WHAT THE TASK REQUIRES
Where the line with "ltb_ℤ→≤ℤ (as_notional power)" appears below, start writing out lines exactly, and finish with the line with "pub near : All", which is included; write out nothing else.

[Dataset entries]
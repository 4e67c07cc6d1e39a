-- ===== src/Risk/Sound.antt =====
-- execution/pretrade_risk.py: what a PASS of `evaluate` says.
use trading_cat.Base.{
  ℕ, ◌<◌, String, ◌≡◌, refl, sym, ap, ◌∙◌, Bool, true, false, not, Option, none, some, List, [],
  ◌∷◌, ◌++◌, arith, leb, any, All, All-implies, eq_iff,
}
use trading_cat.Base.Int.{ℤ, pos, ◌+ℤ◌, ◌-ℤ◌, ◌*ℤ◌, ltb_ℤ, leb_ℤ, abs, ◌≤ℤ◌, ◌<ℤ◌, ltb_ℤ→≤ℤ}
use trading_cat.Models.{
  PlanOrder, Side, ConfirmationStatus, MarketState, Decision, plan_is_expired,
  confirmation_is_expired, is_fresh,
}
use trading_cat.Store.Confirmations.{is_approved}
use trading_cat.Store.Intents.{is_legal_side}
use trading_cat.Risk.Orders.{
  is_legal_type, Reason, ReasonKind, Markets, Position, check, about, all_of, for_each, is_buy,
  as_notional, held, order_checks, check_order, check_orders, check_quote, check_slippage,
  check_slippages, check_slippage_at, is_off_price, check_buying_power, total_cost, check_sell,
  check_sells,
}
use trading_cat.Risk.{
  Inputs, AccountState, SyncStatus, is_synced, evaluate, decide, reasons, checks, binding_checks,
  open_checks, check_binding, check_account, check_open, check_power, check_holdings,
  max_pending_intents,
}

module _ {A : Type 0} where
  pub append_nil : (xs ys : List A) → xs ++ ys ≡ [] → (xs ≡ []) × (ys ≡ [])
  append_nil [] ys h = (refl, h)
  append_nil (x ∷ xs) ys h = cc

pub check_nil : (b : Bool) (r : Reason) → check b r ≡ [] → b ≡ false
unfolding check
check_nil true r h = cc
check_nil false r h = refl

pub all_of-nil : (rs : List (List Reason)) → all_of rs ≡ [] → All (λ r. r ≡ []) rs
all_of-nil [] h = tt
all_of-nil (r ∷ rs) h =
    ((append_nil r (all_of rs) h).0, all_of-nil rs (append_nil r (all_of rs) h).1)

pub for_each-nil :
    {A : Type 0} (f : A → List Reason) (xs : List A) → for_each f xs ≡ [] → All (λ x. f x ≡ []) xs
for_each-nil f [] h = tt
for_each-nil f (x ∷ xs) h = (
  (append_nil (f x) (for_each f xs) h).0,
  for_each-nil f xs (append_nil (f x) (for_each f xs) h).1,
)

-- An order of a legal side and type, some quantity and a limit of slippage, with a fresh quote of its symbol.
pub record IsSound (markets : Markets) (now : ℕ) (o : PlanOrder) : Type 0 where
  pub legal_side : is_legal_side o.side ≡ true
  pub some_quantity : pos 0 <ℤ o.quantity
  pub legal_type : is_legal_type o.order_type ≡ true
  pub slippage_given : pos 0 ≤ℤ o.max_slippage_bps
  pub quote : MarketState
  pub quoted : markets o.symbol ≡ some quote
  pub fresh : is_fresh quote now ≡ true

true_of_not : (b : Bool) → not b ≡ false → b ≡ true
true_of_not b h = ground arith

check_quote_sound :
    (symbol : String) (q : Option MarketState) (now : ℕ)
    → check_quote symbol q now ≡ []
    → (m : MarketState) × ((q ≡ some m) × (is_fresh m now ≡ true))
unfolding check_quote
check_quote_sound symbol none now h = cc
check_quote_sound symbol (some m) now h =
    (m, (refl, true_of_not (is_fresh m now) (check_nil _ _ h)))

positive : (q : ℤ) → leb_ℤ q (pos 0) ≡ false → pos 0 <ℤ q
positive q h = ground arith

nonneg : (q : ℤ) → ltb_ℤ q (pos 0) ≡ false → pos 0 ≤ℤ q
nonneg q h = ground arith

check_order-IsSound :
    (markets : Markets) (now : ℕ) (o : PlanOrder)
    → check_order markets now o ≡ []
    → IsSound markets now o
unfolding check_order order_checks
check_order-IsSound markets now o h =
    let a = all_of-nil (order_checks markets now o) h in
    let q = check_quote_sound o.symbol (markets o.symbol) now a.1.1.1.1.0 in
    record {
      legal_side = true_of_not (is_legal_side o.side) (check_nil _ _ a.0);
      some_quantity = positive o.quantity (check_nil _ _ a.1.0);
      legal_type = true_of_not (is_legal_type o.order_type) (check_nil _ _ a.1.1.0);
      slippage_given = nonneg o.max_slippage_bps (check_nil _ _ a.1.1.1.0);
      quote = q.0;
      quoted = q.1.0;
      fresh = q.1.1;
    }

-- The market has not moved away from the price that was approved: |price - reference| / price, in
-- basis points, is at most the order's limit.
abbrev pub IsNear : Markets → PlanOrder → Type 0
IsNear markets o =
    (m : MarketState) (reference : ℤ)
    → markets o.symbol ≡ some m
    → o.reference_price ≡ some reference
    → pos 0 <ℤ m.price
    → abs (m.price -ℤ reference) *ℤ pos 10000000000000 ≤ℤ o.max_slippage_bps *ℤ m.price

positive_leb : (q : ℤ) → pos 0 <ℤ q → leb_ℤ q (pos 0) ≡ false
positive_leb q h = ground arith

module _ (markets : Markets) (o : PlanOrder) (m : MarketState) (reference : ℤ) where
  check_slippage-priced :
      markets o.symbol ≡ some m
      → o.reference_price ≡ some reference
      → leb_ℤ m.price (pos 0) ≡ false
      → check_slippage markets o
        ≡ check (is_off_price m reference o.max_slippage_bps) (about ReasonKind.off_price o.symbol)
  unfolding check_slippage check_slippage_at
  check_slippage-priced found priced some_price = rw (found, priced, some_price) refl

  is_off_price_sound :
      is_off_price m reference o.max_slippage_bps ≡ false
      → abs (m.price -ℤ reference) *ℤ pos 10000000000000 ≤ℤ o.max_slippage_bps *ℤ m.price
  unfolding is_off_price
  is_off_price_sound h =
      ltb_ℤ→≤ℤ (o.max_slippage_bps *ℤ m.price) (abs (m.price -ℤ reference) *ℤ pos 10000000000000) h

check_slippage-IsNear :
    (markets : Markets) (o : PlanOrder) → check_slippage markets o ≡ [] → IsNear markets o
check_slippage-IsNear markets o h m reference found priced some_price =
    is_off_price_sound markets o m reference (
      check_nil _ _ (
        sym (
          check_slippage-priced markets o m reference found priced
            (positive_leb m.price some_price))
        ∙ h))

-- A sell order is covered by what is held of its symbol, up to the tolerance.
abbrev pub IsCovered : List Position → PlanOrder → Type 0
IsCovered positions o = o.side ≡ Side.sell → o.quantity ≤ℤ held o.symbol positions +ℤ pos 1

check_sell-IsCovered :
    (positions : List Position) (o : PlanOrder)
    → check_sell positions o ≡ []
    → IsCovered positions o
unfolding check_sell
check_sell-IsCovered positions o h sells = ground (arith, sells, check_nil _ _ h)

-- All the buy orders together cost no more than the buying power.
abbrev pub IsAffordable : Markets → Option ℤ → List PlanOrder → Type 0
IsAffordable markets none os = any (λ o. is_buy o.side) os ≡ false
IsAffordable markets (some power) os = total_cost markets os ≤ℤ as_notional power

check_buying_power-IsAffordable :
    (markets : Markets) (power : Option ℤ) (os : List PlanOrder)
    → check_buying_power markets power os ≡ []
    → IsAffordable markets power os
unfolding check_buying_power
check_buying_power-IsAffordable markets none os h = check_nil _ _ h
check_buying_power-IsAffordable markets (some power) os h =
    ltb_ℤ→≤ℤ (as_notional power) (total_cost markets os) (check_nil _ _ h)

-- What a PASS says.
pub record IsSafe (i : Inputs) : Type 0 where
  pub approved : i.confirmation.status ≡ ConfirmationStatus.approved
  pub same_hash : i.confirmation.plan_hash ≡ i.plan.plan_hash
  pub same_plan : i.confirmation.plan_id ≡ i.plan.plan_id
  pub plan_lives : i.now < i.plan.expires_at
  pub ticket_lives : confirmation_is_expired i.confirmation i.now ≡ false
  pub account : AccountState
  pub account_given : i.account_state ≡ some account
  pub synced : account.sync_status ≡ SyncStatus.synced
  pub sound : All (IsSound i.market_states i.now) i.plan.orders
  pub near : All (IsNear i.market_states) i.plan.orders
  pub affordable : IsAffordable i.market_states account.buying_power i.plan.orders
  pub covered : All (IsCovered account.positions) i.plan.orders
  pub few_pending : i.pending_intents < max_pending_intents
  pub none_unknown : i.unknown_intents ≡ 0

check_account_sound :
    (o : Option AccountState)
    → check_account o ≡ []
    → (a : AccountState) × ((o ≡ some a) × (a.sync_status ≡ SyncStatus.synced))
unfolding check_account
check_account_sound none h = cc
check_account_sound (some a) h =
    (a, (refl, is_synced_sound a.sync_status (true_of_not _ (check_nil _ _ h))))
  where
    is_synced_sound : (t : SyncStatus) → is_synced t ≡ true → t ≡ SyncStatus.synced
    is_synced_sound t k = ground arith

is_approved_sound :
    (t : ConfirmationStatus) → is_approved t ≡ true → t ≡ ConfirmationStatus.approved
is_approved_sound t h = ground arith

pub decide_pass : (rs : List Reason) → decide rs ≡ Decision.pass → rs ≡ []
decide_pass [] h = refl
decide_pass (r ∷ rs) h = cc

lapsed_not : (t now : ℕ) → leb t now ≡ false → now < t
lapsed_not t now h = ground arith

few : (n : ℕ) → leb max_pending_intents n ≡ false → n < max_pending_intents
few n h = ground arith

none_left : (n : ℕ) → leb 1 n ≡ false → n ≡ 0
none_left n h = ground arith

module _ (i : Inputs) (a : AccountState) (given : i.account_state ≡ some a) where
  at_account-IsAffordable :
      check_power i i.account_state ≡ [] → IsAffordable i.market_states a.buying_power i.plan.orders
  unfolding check_power
  at_account-IsAffordable h =
      check_buying_power-IsAffordable i.market_states a.buying_power i.plan.orders
        (sym (ap (check_power i) given) ∙ h)

  at_account-IsCovered :
      check_holdings i i.account_state ≡ [] → All (IsCovered a.positions) i.plan.orders
  unfolding check_holdings check_sells
  at_account-IsCovered h =
      All-implies _ _ i.plan.orders (check_sell-IsCovered a.positions) (
        for_each-nil (check_sell a.positions) i.plan.orders (sym (ap (check_holdings i) given) ∙ h))

-- An order plan passes the gate only if all of this holds: the ticket is approved and bound to the plan by
-- id and hash, neither has lapsed, the account is in sync, each order has a legal side, a legal type, a
-- quantity above 0, a slippage limit of 0 or more and a fresh quote, each order with a reference price whose
-- quote is above 0 is within its slippage limit, the buys cost together no more than the buying power (and
-- there are none if it is unknown), each sell alone is covered by what is held of its symbol up to 1e-9,
-- fewer than ten orders are pending and none is of unknown outcome.
pub evaluate-IsSafe : (i : Inputs) → evaluate i ≡ Decision.pass → IsSafe i
unfolding evaluate plan_is_expired reasons checks check_binding binding_checks check_open
    open_checks check_orders check_slippages
evaluate-IsSafe i h =
    let a = all_of-nil (checks i) (decide_pass (reasons i) h) in
    let b = all_of-nil (binding_checks i) a.0 in
    let o = all_of-nil (open_checks i.pending_intents i.unknown_intents) a.1.1.1.1.1.0 in
    let c = check_account_sound i.account_state a.1.0 in
    record {
      approved = is_approved_sound i.confirmation.status (true_of_not _ (check_nil _ _ b.0));
      same_hash =
          (eq_iff i.confirmation.plan_hash i.plan.plan_hash).0
            (true_of_not _ (check_nil _ _ b.1.0));
      same_plan =
          (eq_iff i.confirmation.plan_id i.plan.plan_id).0 (true_of_not _ (check_nil _ _ b.1.1.0));
      plan_lives = lapsed_not i.plan.expires_at i.now (check_nil _ _ b.1.1.1.0);
      ticket_lives = check_nil _ _ b.1.1.1.1.0;
      account = c.0;
      account_given = c.1.0;
      synced = c.1.1;
      sound =
          All-implies _ _ i.plan.orders (check_order-IsSound i.market_states i.now)
            (for_each-nil (check_order i.market_states i.now) i.plan.orders a.1.1.0);
      near =
          All-implies _ _ i.plan.orders (check_slippage-IsNear i.market_states)
            (for_each-nil (check_slippage i.market_states) i.plan.orders a.1.1.1.0);
      affordable = at_account-IsAffordable i c.0 c.1.0 a.1.1.1.1.0;
      covered = at_account-IsCovered i c.0 c.1.0 a.1.1.1.1.1.1.0;
      few_pending = few i.pending_intents (check_nil _ _ o.0);
      none_unknown = none_left i.unknown_intents (check_nil _ _ o.1.0);
    }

RESULT
    ltb_ℤ→≤ℤ (as_notional power) (total_cost markets os) (check_nil _ _ h)

-- What a PASS says.
pub record IsSafe (i : Inputs) : Type 0 where
  pub approved : i.confirmation.status ≡ ConfirmationStatus.approved
  pub same_hash : i.confirmation.plan_hash ≡ i.plan.plan_hash
  pub same_plan : i.confirmation.plan_id ≡ i.plan.plan_id
  pub plan_lives : i.now < i.plan.expires_at
  pub ticket_lives : confirmation_is_expired i.confirmation i.now ≡ false
  pub account : AccountState
  pub account_given : i.account_state ≡ some account
  pub synced : account.sync_status ≡ SyncStatus.synced
  pub sound : All (IsSound i.market_states i.now) i.plan.orders
  pub near : All (IsNear i.market_states) i.plan.orders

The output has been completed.